ECLI:NL:CRVB:2021:3094
Centrale Raad van Beroep
- Hoger beroep
- Rechtspraak.nl
Niet-ontvankelijkheid van hoger beroep wegens niet tijdig betalen griffierecht
Op 8 december 2021 heeft de Centrale Raad van Beroep uitspraak gedaan in de zaak met nummer 21/2938 WIA. Deze uitspraak betreft een hoger beroep dat door de gemachtigde van appellante, mr. E. Kafa, is ingesteld tegen een eerdere uitspraak van de rechtbank Rotterdam van 6 juli 2021. In deze procedure werd appellante gewezen op de verplichting tot betaling van het griffierecht, dat vastgesteld was op € 134,-. Appellante ontving op 19 augustus 2021 een brief waarin zij werd geïnformeerd over de verschuldigdheid van het griffierecht en de termijn waarbinnen dit betaald diende te worden. Een tweede herinnering volgde op 19 september 2021, waarin wederom werd benadrukt dat het griffierecht binnen vier weken na de datum van de brief moest zijn voldaan.
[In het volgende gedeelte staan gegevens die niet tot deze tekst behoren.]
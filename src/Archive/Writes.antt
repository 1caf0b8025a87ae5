-- ===== src/Archive/Writes.antt =====
-- What `write_snapshot` of app/archive.py keeps, and what holds once it has returned.
use eve_api_cache.Base.{ℕ, ◌≡◌, ap, sym, ◌∙◌, subst, not, ◌&&◌, ◌==◌, Option, none, some, Text}
use eve_api_cache.Base.Exec.{Exec, Result, ok, value_error, ◌>>=◌}
use eve_api_cache.Base.Keeps.{Keeps, pure-Keeps, throw-Keeps, bind-Keeps, then-Keeps, when-Keeps}
use eve_api_cache.Json.{Value}
use eve_api_cache.Archive.Tables.{Tables}
use eve_api_cache.Archive.Sessions.{ArchiveEnv, Session, execute}
use eve_api_cache.Archive.Snapshots.{
  Snapshot, blob_row, put_blob, write_payload_blob, snapshot_key, timeseries_row, put_timeseries,
  get_timeseries_id_by_idempotency_key, relabel_snapshot, write_parquet, known_id, write_timeseries,
  put_reference, reference_row, write_reference, put_event, event_row, write_event, relabel,
  wants_parquet,
}
use eve_api_cache.Archive.Untouched.{
  Both, IsApart, execute-Keeps, write_market_orders_parquet-Keeps,
}
use eve_api_cache.Archive.Rows.{bind_ok, execute_ok}

module _ (env : ArchiveEnv) where
  open env use {pg, json}

  -- A property that the statements behind the insertion of a time-series row keep.
  pub record IsSettled (P : Tables pg → Type 0) : Type 0 where
    pub apart : IsApart env P
    pub relabelled :
        (t : Tables pg) (id manifest_id : ℕ)
        → P t
        → P (record t {
          timeseries = pg.update (λ r. r.id == id) (relabel env manifest_id) t.timeseries;
        })

  module _ (P C : Tables pg → Type 0) (settled : IsSettled P) where
    relabel-Keeps :
        (id : ℕ) (manifest : Option ℕ) → Keeps (Both env P C) (relabel_snapshot env id manifest)
    unfolding relabel_snapshot
    relabel-Keeps id none = pure-Keeps tt
    relabel-Keeps id (some m) = execute-Keeps env P C _ (λ t p. settled.relabelled t id m p)

    known_id-Keeps : (key : Text) (o : Option ℕ) → Keeps (Both env P C) (known_id env key o)
    unfolding get_timeseries_id_by_idempotency_key
    known_id-Keeps key none = execute-Keeps env P C _ (λ t p. p)
    known_id-Keeps key (some id) = pure-Keeps (some id)

    write_parquet-Keeps :
        (p : Snapshot) (now : ℕ) (id : Option ℕ) → Keeps (Both env P C) (write_parquet env p now id)
    unfolding write_parquet
    write_parquet-Keeps p now none = pure-Keeps tt
    write_parquet-Keeps p now (some id) = when-Keeps (not (id == 0) && wants_parquet env p) (
        bind-Keeps
          (write_market_orders_parquet-Keeps env P C settled.apart id p.datasource p.path
            p.query_hash p.content_hash p.payload now)
          (λ manifest. relabel-Keeps id manifest))

    rest-Keeps :
        (p : Snapshot) (now : ℕ) (o : Option ℕ)
        → Keeps (Both env P C) (known_id env (snapshot_key env p now) o >>= write_parquet env p now)
    rest-Keeps p now o =
        bind-Keeps (known_id-Keeps (snapshot_key env p now) o) (λ id. write_parquet-Keeps p now id)

    pub write_timeseries-Keeps :
        (p : Snapshot) (now : ℕ)
        → ((t : Tables pg) → P t → P (put_blob env (blob_row env p.content_hash p.payload now) t).1)
        → ((t : Tables pg) → P t → P (put_timeseries env (timeseries_row env p now) t).1)
        → Keeps (Both env P C) (write_timeseries env p now)
    unfolding write_timeseries write_payload_blob
    write_timeseries-Keeps p now blob row =
        then-Keeps (execute-Keeps env P C _ blob)
          (bind-Keeps (execute-Keeps env P C _ row) (rest-Keeps p now))

  abbrev pub inserted : Snapshot → ℕ → Tables pg → Tables pg
  inserted p now t =
      (put_timeseries env (timeseries_row env p now)
        (put_blob env (blob_row env p.content_hash p.payload now) t).1).1

  -- What the two insertions bring about holds when `write_timeseries` has returned.
  pub write_timeseries_ok :
      (P : Tables pg → Type 0) (p : Snapshot) (now : ℕ) (s : Session env)
      → IsSettled P
      → (write_timeseries env p now s).0 ≡ ok tt
      → P (inserted p now s.working)
      → P (write_timeseries env p now s).1.working
  unfolding write_timeseries write_payload_blob
  write_timeseries_ok P p now s settled h brings =
      let rest : Option ℕ → Exec (Session env) (Unit {0}) =
        λ o. known_id env (snapshot_key env p now) o >>= write_parquet env p now in
      let row : Exec (Session env) (Option ℕ) =
        execute env (put_timeseries env (timeseries_row env p now)) in
      let blob : Exec (Session env) (Unit {0}) =
        execute env (put_blob env (blob_row env p.content_hash p.payload now)) in
      let (a, (e, same)) = bind_ok blob (λ _. row >>= rest) s tt h in
      let (o, (e', same')) =
        bind_ok row rest (blob s).1 tt
          (sym (ap (λ (end : Result (Unit {0}) × Session env). end.0) same) ∙ h) in
      let (there, _) =
        execute_ok env (put_blob env (blob_row env p.content_hash p.payload now)) s a e in
      let (there', _) =
        execute_ok env (put_timeseries env (timeseries_row env p now)) (blob s).1 o e' in
      subst (λ (end : Result (Unit {0}) × Session env). P end.1.working) (sym (same ∙ same'))
        ((rest-Keeps P (λ t. Unit) settled p now o).at (row (blob s).1).1 (
          subst P
              (sym (there' ∙ ap (λ t. (put_timeseries env (timeseries_row env p now) t).1) there))
              brings,
          tt,
        )).0

  pub write_reference-Keeps :
      (P C : Tables pg → Type 0) (p : Snapshot) (now : ℕ) (payload : Option Value)
      → ((v : Value) (t : Tables pg) → P t → P (put_reference env (reference_row env p now v) t).1)
      → Keeps (Both env P C) (write_reference env p now payload)
  write_reference-Keeps P C p now none h = throw-Keeps value_error
  write_reference-Keeps P C p now (some v) h = execute-Keeps env P C _ (h v)

  pub write_event-Keeps :
      (P C : Tables pg → Type 0) (p : Snapshot) (now : ℕ) (payload : Option Value)
      → ((v : Value) (t : Tables pg) → P t → P (put_event env (event_row env p now v) t).1)
      → Keeps (Both env P C) (write_event env p now payload)
  write_event-Keeps P C p now none h = throw-Keeps value_error
  write_event-Keeps P C p now (some v) h = execute-Keeps env P C _ (h v)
Echter, appellante heeft het griffierecht niet tijdig betaald. De Centrale Raad van Beroep oordeelde dat op basis van de beschikbare gegevens niet kan worden vastgesteld dat appellante niet in verzuim is geweest. Hierdoor werd het hoger beroep als kennelijk niet-ontvankelijk verklaard. De Raad heeft zonder verder onderzoek beslist dat er geen aanleiding is voor een proceskostenveroordeling. De uitspraak werd gedaan door J.P.M. Zeijen, in tegenwoordigheid van griffier H. Alajai, en is openbaar uitgesproken op dezelfde datum.